> _REQUIREMENT_:
Write every entry out again, unchanged.
··· GIVEN RECORDS ···
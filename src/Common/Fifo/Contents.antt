-- ===== src/Common/Fifo/Contents.antt =====
-- What a FIFO holds, and each method on it with no other thread at work.
use flp_prototype.Base.{
  ℕ, suc, ◌+◌, ◌%◌, ◌^◌, ◌<◌, ◌≤◌, ◌≡◌, ◌≢◌, ◌↔◌, sym, ◌∙◌, ap, arith, List, [], ◌∷◌, ◌++◌, some,
  done, length, length-append, length-set, length-replicate, get_elem?, get_elem?-set_self,
  get_elem?-set_ne, set,
}
use flp_prototype.Base.Int.{pos, negsuc}
use flp_prototype.Common.Fifo.{Fifo, construct, next_index, push}
use flp_prototype.Common.Fifo.Places.{
  place, place-le, next_index-place, next_index-le, place-next_index, place-zero, place-one,
  place-round, place-ne,
}

-- The slots behind `start` hold these items, one after the other.
abbrev pub Holds : {A : Type 0} → ℕ → List A → ℕ → List A → Type 0
Holds size slots start [] = Unit {0}
Holds size slots start (x ∷ xs) =
    (get_elem? slots (next_index size start) ≡ some x) × Holds size slots (next_index size start) xs

pub record IsFifo {A : Type 0} (f : Fifo A) (xs : List A) : Type 0 where
  pub slots_lem : length f.slots ≡ f.size + 1
  pub start_le : f.index_start ≤ f.size
  pub room : length xs ≤ f.size
  pub end_lem : f.index_end ≡ place f.size f.index_start (length xs)
  pub holds : Holds f.size f.slots f.index_start xs

-- Writing another slot leaves the items.
pub Holds-set :
    {A : Type 0} (size start i : ℕ) (slots xs : List A) (a : A)
    → ((n : ℕ) → n < length xs → place size start (n + 1) ≢ i)
    → start ≤ size
    → length xs ≤ size
    → Holds size slots start xs
    → Holds size (set slots i a) start xs
Holds-set size start i slots [] a away h r v = tt
Holds-set size start i slots (x ∷ xs) a away h r v = (
  get_elem?-set_ne slots i (next_index size start) a
        (λ e. away 0 (omega arith) (place-one size start h ∙ sym e))
      ∙ v.0,
  Holds-set size (next_index size start) i slots xs a
      (λ n k e.
        away (n + 1) (omega arith) (sym (place-next_index size start (n + 1) h (omega arith)) ∙ e))
      (next_index-le size start) (omega arith) v.1,
)

-- An item behind the last one.
pub Holds-append :
    {A : Type 0} (size start : ℕ) (slots xs : List A) (a : A)
    → start ≤ size
    → length xs < size
    → get_elem? slots (place size start (length xs + 1)) ≡ some a
    → Holds size slots start xs
    → Holds size slots start (xs ++ a ∷ [])
Holds-append size start slots [] a h r at v =
    (ap (get_elem? slots) (sym (place-one size start h)) ∙ at, tt)
Holds-append size start slots (x ∷ xs) a h r at v = (
  v.0,
  Holds-append size (next_index size start) slots xs a (next_index-le size start) (omega arith)
      (ap (get_elem? slots) (place-next_index size start (length xs + 1) h (omega arith))
        ∙ ap (λ n. get_elem? slots (place size start n))
            (let e : length xs + 1 + 1 ≡ suc (length xs) + 1 = omega arith in e)
        ∙ at)
      v.1,
)

-- The next slot is the reader's only if all slots are in use.
pub full_iff :
    (size start n : ℕ)
    → start ≤ size
    → n ≤ size
    → (next_index size (place size start n) ≡ start) ↔ (n ≡ size)
unfolding next_index
full_iff size start n h k = ground arith

pub empty_iff :
    (size start n : ℕ) → start ≤ size → n ≤ size → (place size start n ≡ start) ↔ (n ≡ 0)
empty_iff size start n h k = ground arith

pub construct-IsFifo : {A : Type 0} (nothing : A) (size : ℕ) → IsFifo (construct nothing size) []
construct-IsFifo nothing size = record {
  slots_lem = length-replicate (size + 1) nothing;
  start_le = omega arith;
  room = omega arith;
  end_lem = ground arith;
  holds = tt;
}

module _ {A : Type 0} (f : Fifo A) (xs : List A) (v : IsFifo f xs) where
  -- The FIFO with one more item.
  abbrev pub after_push : A → Fifo A
  after_push a = record f {
    slots = set f.slots (place f.size f.index_start (length xs + 1)) a;
    index_end = place f.size f.index_start (length xs + 1);
    n_in = (f.n_in + 1) % 2 ^ 64;
  }

  pub push_run : (a : A) → length xs < f.size → push a f ≡ done (pos 0) (after_push a)
  unfolding push
  push_run a h = ground (
    arith,
    v.slots_lem,
    v.end_lem,
    v.start_le,
    next_index-place f.size f.index_start (length xs) v.start_le (omega arith),
    place-le f.size f.index_start (length xs + 1) v.start_le (omega arith),
    place-zero f.size f.index_start v.start_le,
    place-ne f.size f.index_start 0 (length xs + 1) v.start_le (omega arith) (omega arith),
  )

  pub push_full : (a : A) → length xs ≡ f.size → push a f ≡ done (negsuc 0) f
  unfolding push
  push_full a h = ground (
    arith,
    v.end_lem,
    v.start_le,
    next_index-place f.size f.index_start (length xs) v.start_le (omega arith),
    ap (λ n. place f.size f.index_start (n + 1)) h,
    place-round f.size f.index_start v.start_le,
  )

  pub after_push-IsFifo : (a : A) → length xs < f.size → IsFifo (after_push a) (xs ++ a ∷ [])
  after_push-IsFifo a h = record {
    slots_lem = length-set f.slots (place f.size f.index_start (length xs + 1)) a ∙ v.slots_lem;
    start_le = v.start_le;
    room = omega (arith, length-append xs (a ∷ []));
    end_lem = ap (place f.size f.index_start) (sym (length-append xs (a ∷ [])));
    holds =
        Holds-append f.size f.index_start
          (set f.slots (place f.size f.index_start (length xs + 1)) a) xs a v.start_le h
          (get_elem?-set_self f.slots (place f.size f.index_start (length xs + 1)) a (
            omega (
              arith,
              v.slots_lem,
              place-le f.size f.index_start (length xs + 1) v.start_le (omega arith),
            )))
          (Holds-set f.size f.index_start (place f.size f.index_start (length xs + 1)) f.slots xs a
            (λ n k.
              place-ne f.size f.index_start (n + 1) (length xs + 1) v.start_le (omega arith)
                (omega arith))
            v.start_le v.room v.holds);
  }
···
> _EXERCISE OUTPUT_:
filename src/Common/Fifo/Contents.antt
-- ===== src/Common/Fifo/Contents.antt =====
-- What a FIFO holds, and each method on it with no other thread at work.
use flp_prototype.Base.{
  ℕ, suc, ◌+◌, ◌%◌, ◌^◌, ◌<◌, ◌≤◌, ◌≡◌, ◌≢◌, ◌↔◌, sym, ◌∙◌, ap, arith, List, [], ◌∷◌, ◌++◌, some,
  done, length, length-append, length-set, length-replicate, get_elem?, get_elem?-set_self,
  get_elem?-set_ne, set,
}
use flp_prototype.Base.Int.{pos, negsuc}
use flp_prototype.Common.Fifo.{Fifo, construct, next_index, push}
use flp_prototype.Common.Fifo.Places.{
  place, place-le, next_index-place, next_index-le, place-next_index, place-zero, place-one,
  place-round, place-ne,
}

-- The slots behind `start` hold these items, one after the other.
abbrev pub Holds : {A : Type 0} → ℕ → List A → ℕ → List A → Type 0
Holds size slots start [] = Unit {0}
Holds size slots start (x ∷ xs) =
    (get_elem? slots (next_index size start) ≡ some x) × Holds size slots (next_index size start) xs

pub record IsFifo {A : Type 0} (f : Fifo A) (xs : List A) : Type 0 where
  pub slots_lem : length f.slots ≡ f.size + 1
  pub start_le : f.index_start ≤ f.size
  pub room : length xs ≤ f.size
  pub end_lem : f.index_end ≡ place f.size f.index_start (length xs)
  pub holds : Holds f.size f.slots f.index_start xs

-- Writing another slot leaves the items.
pub Holds-set :
    {A : Type 0} (size start i : ℕ) (slots xs : List A) (a : A)
    → ((n : ℕ) → n < length xs → place size start (n + 1) ≢ i)
    → start ≤ size
    → length xs ≤ size
    → Holds size slots start xs
    → Holds size (set slots i a) start xs
Holds-set size start i slots [] a away h r v = tt
Holds-set size start i slots (x ∷ xs) a away h r v = (
  get_elem?-set_ne slots i (next_index size start) a
        (λ e. away 0 (omega arith) (place-one size start h ∙ sym e))
      ∙ v.0,
  Holds-set size (next_index size start) i slots xs a
      (λ n k e.
        away (n + 1) (omega arith) (sym (place-next_index size start (n + 1) h (omega arith)) ∙ e))
      (next_index-le size start) (omega arith) v.1,
)

-- An item behind the last one.
pub Holds-append :
    {A : Type 0} (size start : ℕ) (slots xs : List A) (a : A)
    → start ≤ size
    → length xs < size
    → get_elem? slots (place size start (length xs + 1)) ≡ some a
    → Holds size slots start xs
    → Holds size slots start (xs ++ a ∷ [])
Holds-append size start slots [] a h r at v =
    (ap (get_elem? slots) (sym (place-one size start h)) ∙ at, tt)
Holds-append size start slots (x ∷ xs) a h r at v = (
  v.0,
  Holds-append size (next_index size start) slots xs a (next_index-le size start) (omega arith)
      (ap (get_elem? slots) (place-next_index size start (length xs + 1) h (omega arith))
        ∙ ap (λ n. get_elem? slots (place size start n))
            (let e : length xs + 1 + 1 ≡ suc (length xs) + 1 = omega arith in e)
        ∙ at)
      v.1,
)

-- The next slot is the reader's only if all slots are in use.
pub full_iff :
    (size start n : ℕ)
    → start ≤ size
    → n ≤ size
    → (next_index size (place size start n) ≡ start) ↔ (n ≡ size)
unfolding next_index
full_iff size start n h k = ground arith

pub empty_iff :
    (size start n : ℕ) → start ≤ size → n ≤ size → (place size start n ≡ start) ↔ (n ≡ 0)
empty_iff size start n h k = ground arith

pub construct-IsFifo : {A : Type 0} (nothing : A) (size : ℕ) → IsFifo (construct nothing size) []
construct-IsFifo nothing size = record {
  slots_lem = length-replicate (size + 1) nothing;
  start_le = omega arith;
  room = omega arith;
  end_lem = ground arith;
  holds = tt;
}

module _ {A : Type 0} (f : Fifo A) (xs : List A) (v : IsFifo f xs) where
  -- The FIFO with one more item.
  abbrev pub after_push : A → Fifo A
  after_push a = record f {
    slots = set f.slots (place f.size f.index_start (length xs + 1)) a;
    index_end = place f.size f.index_start (length xs + 1);
    n_in = (f.n_in + 1) % 2 ^ 64;
  }

  pub push_run : (a : A) → length xs < f.size → push a f ≡ done (pos 0) (after_push a)
  unfolding push
  push_run a h = ground (
    arith,
    v.slots_lem,
    v.end_lem,
    v.start_le,
    next_index-place f.size f.index_start (length xs) v.start_le (omega arith),
    place-le f.size f.index_start (length xs + 1) v.start_le (omega arith),
    place-zero f.size f.index_start v.start_le,
    place-ne f.size f.index_start 0 (length xs + 1) v.start_le (omega arith) (omega arith),
  )

  pub push_full : (a : A) → length xs ≡ f.size → push a f ≡ done (negsuc 0) f
  unfolding push
  push_full a h = ground (
    arith,
    v.end_lem,
    v.start_le,
    next_index-place f.size f.index_start (length xs) v.start_le (omega arith),
    ap (λ n. place f.size f.index_start (n + 1)) h,
    place-round f.size f.index_start v.start_le,
  )

  pub after_push-IsFifo : (a : A) → length xs < f.size → IsFifo (after_push a) (xs ++ a ∷ [])
  after_push-IsFifo a h = record {
    slots_lem = length-set f.slots (place f.size f.index_start (length xs + 1)) a ∙ v.slots_lem;
    start_le = v.start_le;
    room = omega (arith, length-append xs (a ∷ []));
    end_lem = ap (place f.size f.index_start) (sym (length-append xs (a ∷ [])));
    holds =
        Holds-append f.size f.index_start
          (set f.slots (place f.size f.index_start (length xs + 1)) a) xs a v.start_le h
          (get_elem?-set_self f.slots (place f.size f.index_start (length xs + 1)) a (
            omega (
              arith,
              v.slots_lem,
              place-le f.size f.index_start (length xs + 1) v.start_le (omega arith),
            )))
          (Holds-set f.size f.index_start (place f.size f.index_start (length xs + 1)) f.slots xs a
            (λ n k.
              place-ne f.size f.index_start (n + 1) (length xs + 1) v.start_le (omega arith)
                (omega arith))
            v.start_le v.room v.holds);
  }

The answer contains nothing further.